Photo 1 - The Sacra di San Michele (from Street view, I was driving)
It looms over the motorway that goes into the Val di Susa, towards the Monginevro or Moncenisio passes and therefore towards France. Since ancient times it has been a sentinel on the passage of people and troops to and from France.
Photo 2 - Tombstone of the Roman tomb
Already in Roman times there was a castrum and on the walls of the sacra, there is a tombstone set from a Roman tomb of the time. Also used by the Lombards to control the raids of the Franks, at the end of the 10th century, although with an uncertain date, the construction of the monastery began and in 999 the first monk abbot settled.
Photo 3 - The Sacra di San Michele on top of the hill
Passing on the highway, we notice this “castle”, high up on the mountain. One of the potentials of the modern era is that you can immediately inform yourself and we decide to stop on the way back to visit it. We thus discover that it is the third Sanctuary dedicated to St. Michael the Archangel connected by a straight line that starts from Mont saint Michel, passes through the Sacra, then through the Santuario di San Michele a Sant’Angelo nel Gargano, , visited a month earlier, to finish to the Holy Sepulcher of Jerusalem. A line that was also the direction to take for the Via Francigena passing through the Alps and which precisely had these three sanctuaries as very important stops and the Sacra, in fact, was the first stop in Italy. Furthermore, last but not least, La Sacra di San Michele is the symbol of Piedmont. It was also the source of inspiration for Umberto Eco for his book “The Name of the Rose”, although it was not set right there, but Eco was a frequent visitor to the Sacra. An attempt was also made to shoot the film, but it would have been too complicated and expensive.
Photo 4 - The access stairway to the Sacra di San Michele
Mount Pirchiriano, on whose summit stands the Sacra, is 960 meters high, but the top of the Abbey reaches 1000. The visit is only guided by voluntary guides.
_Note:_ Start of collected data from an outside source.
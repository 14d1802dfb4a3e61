-- ===== src/External/Nvml.antt =====
-- The NVIDIA Management Library: the functions that modules/nvml calls. A call that does not return
-- NVML_SUCCESS is `none`.
use yloc.Prelude.{ℕ, ◌<◌, ◌^◌, ◌≡◌, Option, some, Bool, Text}
use yloc.Bdfid.{PciAddress}

-- nvmlMemory_t, nvmlUtilization_t
pub record NvmlMemory : Type 0 where
  pub total : ℕ
  pub used : ℕ

pub record NvmlUtilization : Type 0 where
  pub gpu : ℕ
  pub memory : ℕ

-- nvmlClockType_t
pub data ClockKind : Type 0 where
  clock_mem clock_graphics : ClockKind

pub record Nvml : Type 1 where
  -- nvmlDevice_t
  pub Device : Type 0
  pub device_count : Option ℕ
  pub device_handle_by_index : ℕ → Option Device
  -- The text in the buffer behind nvmlDeviceGetName.
  pub device_name : Device → Text
  pub device_memory_info : Device → Option NvmlMemory
  pub device_utilization_rates : Device → Option NvmlUtilization
  -- The current clock in MHz.
  pub device_clock : Device → ClockKind → Option ℕ
  -- The domain, bus and device of nvmlPciInfo_t, with the function that its bus identifier names.
  pub device_pci_info : Device → Option PciAddress
  -- The first word of the set of nodes.
  pub device_memory_affinity : Device → Option ℕ
  -- in degrees Celsius
  pub device_temperature : Device → Option ℕ
  -- in milliwatts
  pub device_power_usage : Device → Option ℕ
  -- Whether the status of the NVLINK index reads as NVML_P2P_STATUS_OK.
  pub p2p_status_ok : Device → Device → Bool
  -- The output variables of type unsigned int have 32 bits.
  pub clock_fits : (d : Device) (k : ClockKind) {n : ℕ} → device_clock d k ≡ some n → n < 2 ^ 32
  pub temperature_fits : (d : Device) {n : ℕ} → device_temperature d ≡ some n → n < 2 ^ 32
  pub power_fits : (d : Device) {n : ℕ} → device_power_usage d ≡ some n → n < 2 ^ 32
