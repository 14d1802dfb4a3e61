-- ===== src/External/Rocm.antt =====
-- The ROCm SMI library: the functions that modules/rocm calls. A call that does not return
-- RSMI_STATUS_SUCCESS is `none`; what it leaves in its output variables is then not determined.
use yloc.Prelude.{ℕ, ◌<◌, ◌^◌, ◌≡◌, Option, some, List, Text, ℤ}

-- rsmi_memory_type_t, rsmi_clk_type_t
pub data MemoryType : Type 0 where
  vram visible_vram gtt : MemoryType

pub data ClockType : Type 0 where
  sys_clock mem_clock : ClockType

-- rsmi_frequencies_t
pub record Frequencies : Type 0 where
  pub num_supported : ℕ
  pub current : ℕ
  pub frequency : List ℕ

-- rsmi_pcie_bandwidth_t
pub record Bandwidth : Type 0 where
  pub transfer_rate : Frequencies
  pub lanes : List ℕ

-- The output variables of rsmi_dev_pci_throughput_get.
pub record Throughput : Type 0 where
  pub sent : ℕ
  pub received : ℕ
  pub max_pkt_sz : ℕ

pub record RocmSmi : Type 0 where
  pub num_monitor_devices : Option ℕ
  -- The text in the buffer behind rsmi_dev_name_get.
  pub dev_name : ℕ → Text
  pub dev_memory_total : ℕ → MemoryType → Option ℕ
  pub dev_memory_usage : ℕ → MemoryType → Option ℕ
  pub dev_memory_busy_percent : ℕ → Option ℕ
  pub dev_gpu_clk_freq : ℕ → ClockType → Option Frequencies
  pub dev_pci_id : ℕ → Option ℕ
  pub dev_pci_bandwidth : ℕ → Option Bandwidth
  pub topo_numa_affinity : ℕ → Option ℕ
  -- RSMI_TEMP_TYPE_EDGE, RSMI_TEMP_CURRENT
  pub dev_temp_metric : ℕ → Option ℤ
  pub dev_busy_percent : ℕ → Option ℕ
  -- of the sensor with the given index
  pub dev_power_ave : ℕ → ℕ → Option ℕ
  pub dev_pci_throughput : ℕ → Option Throughput
  -- The hops of rsmi_topo_get_link_type.
  pub topo_get_link_type : ℕ → ℕ → Option ℕ
  -- The output variables are unsigned and have 64 bits.
  pub sent_fits : (i : ℕ) {t : Throughput} → dev_pci_throughput i ≡ some t → t.sent < 2 ^ 64
  pub received_fits : (i : ℕ) {t : Throughput} → dev_pci_throughput i ≡ some t → t.received < 2 ^ 64
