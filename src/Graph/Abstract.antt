-- ===== src/Graph/Abstract.antt =====
-- What a client of Graph (src/include/yloc/graph.h) may rely on: an abstract graph, whose identifiers
-- are a function, and the sequences of calls on it.
use yloc.Prelude.{
  ℕ, suc, ◌<◌, ◌==◌, if◌then◌else◌, Text, text_eq, Option, none, some, List, [], ◌∷◌, ◌++◌,
}
use yloc.External.AdjacencyList.{Link}
use yloc.GraphElement.{Vertex, Edge, EdgeType, new_element}
use yloc.Graph.{
  BoostGraph, Graph, add_unnamed_vertex, add_vertex, subscript_id, set_vertex, set_root_vertex,
  add_edge,
}
use yloc.Graph.Changes.{link}

-- A call: `add_vertex()`, `add_vertex(id)`, `operator[](id)`, an assignment to `operator[](vd)`,
-- `set_root_vertex(vd)` and `boost::add_edge`.
pub data Call (Mask : Type 0) : Type 0 where
  unnamed : Call Mask
  named subscript : Text → Call Mask
  written : ℕ → Vertex Mask → Call Mask
  rooted : ℕ → Call Mask
  linked : ℕ → ℕ → EdgeType → Call Mask

-- The abstract graph.
pub record View (Mask : Type 0) : Type 0 where
  pub size : ℕ
  pub vertex_of : Text → Option ℕ
  pub contents : ℕ → Vertex Mask
  pub links : List (Link (Edge Mask))
  pub root : ℕ

module _ {Mask : Type 0} where
  abbrev pub empty_view : View Mask
  empty_view = record {
    size = 0;
    vertex_of = λ id. none;
    contents = λ v. new_element;
    links = [];
    root = 0;
  }

  -- One more vertex, without a type or adapters.
  abbrev pub grow : View Mask → View Mask
  grow s = record s {
    size = suc s.size;
    contents = λ v. if v == s.size then new_element else s.contents v;
  }

  abbrev pub enter_id : Text → ℕ → View Mask → View Mask
  enter_id id vd s = record s { vertex_of = λ j. if text_eq id j then some vd else s.vertex_of j }

  -- An identifier that has a vertex returns it; another one is entered, for a new vertex or for 0.
  abbrev pub named_by : Option ℕ → Text → View Mask → View Mask × Option ℕ
  named_by (some vd) id s = (s, some vd)
  named_by none id s = (enter_id id s.size (grow s), some s.size)

  abbrev pub subscript_view : Option ℕ → Text → View Mask → View Mask × Option ℕ
  subscript_view (some vd) id s = (s, some vd)
  subscript_view none id s = (enter_id id 0 s, some 0)

  -- A call on the abstract graph, with the vertex that it returns.
  unfoldable pub replay_call : Call Mask → View Mask → View Mask × Option ℕ
  replay_call unnamed s = (grow s, some s.size)
  replay_call (named id) s = named_by (s.vertex_of id) id s
  replay_call (subscript id) s = subscript_view (s.vertex_of id) id s
  replay_call (written u x) s =
      (record s { contents = λ v. if u == v then x else s.contents v }, none)
  replay_call (rooted vd) s = (record s { root = vd }, none)
  replay_call (linked u v t) s = (record s { links = s.links ++ link u v t ∷ [] }, none)

  -- boost has no behaviour for descriptors that are not of the graph.
  unfoldable pub IsAllowed : Call Mask → View Mask → Type 0
  IsAllowed (written u x) s = u < s.size
  IsAllowed (linked u v t) s = (u < s.size) × (v < s.size)
  IsAllowed _ s = Unit

  -- The calls one after the other, with the vertices that they return.
  unfoldable pub replay : List (Call Mask) → View Mask → View Mask × List (Option ℕ)
  unfolding replay_call
  replay [] s = (s, [])
  replay (c ∷ cs) s = let (s1, r) = replay_call c s in let (s2, rs) = replay cs s1 in (s2, r ∷ rs)

  unfoldable pub AreAllowed : List (Call Mask) → View Mask → Type 0
  unfolding IsAllowed replay_call
  AreAllowed [] s = Unit
  AreAllowed (c ∷ cs) s = IsAllowed c s × AreAllowed cs (replay_call c s).0

  module _ {boost : BoostGraph Mask} where
    -- The same calls on the graph of the program.
    unfoldable pub call : Call Mask → Graph boost → Graph boost × Option ℕ
    call unnamed g = let (h, vd) = add_unnamed_vertex g in (h, some vd)
    call (named id) g = let (h, vd) = add_vertex id g in (h, some vd)
    call (subscript id) g = let (h, vd) = subscript_id id g in (h, some vd)
    call (written u x) g = (set_vertex g u x, none)
    call (rooted vd) g = (set_root_vertex g vd, none)
    call (linked u v t) g = (add_edge u v t g, none)

    unfoldable pub run : List (Call Mask) → Graph boost → Graph boost × List (Option ℕ)
    unfolding call
    run [] g = (g, [])
    run (c ∷ cs) g = let (h, r) = call c g in let (k, rs) = run cs h in (k, r ∷ rs)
Now there are few priests left, perhaps only one and from the point of view of pilgrimage it no longer has the same past function.
Photo 5 - Our guide awaits us at the entrance to the Sacra di San Michele
Photo 6 - The staircase of the dead
You enter and go up to the main entrance of the Church through the Staircase of the Dead, so steep that you might think it could be called that for those who died facing its ramps but, the truth is that it was once a cemetery. The steps lean directly on the rock of the mountain and the staircase comes out on the square with the main entrance of the Church.
Photo 7 - The main entrance of the Church
Photo 8 - The Zodiac door
The Zodiac Door is one of the most beautiful works of the Sacra and through it we enter the Church.
Photo 9 - The interior of the church
Photo 10 - The tombs of the Savoy family, former Italian royal family
The church, with three naves, is undoubtedly striking for the various tombs placed in the middle of the church. And so we discover from the guide that we were inside the memorial of the House of Savoy. In fact, at the beginning of 1800, 24 bodies of royals of the House of Savoy were moved from the Turin cathedral, none of them so famous in reality.
Photo 11 - View of the Val di Susa, with the tower of the beautiful Alda
Behind the blonde, the ruins of the new monastery with in particular the tower of the bell’Alda, the subject of a suggestive legend: a girl (probably who lived in the 13th - 14th century), the bell’Alda in fact, wanting to escape from the capture of some soldiers by fortune, he found himself on the top of the tower. After praying, desperate, she preferred to jump into the precipice below rather than get caught; they came to her rescue the angels and she, miraculously, she landed unscathed. Legend has it that she, to demonstrate to her fellow villagers what had happened, she again attempted to fly from the tower, but that due to the vanity of her gesture she was instead killed.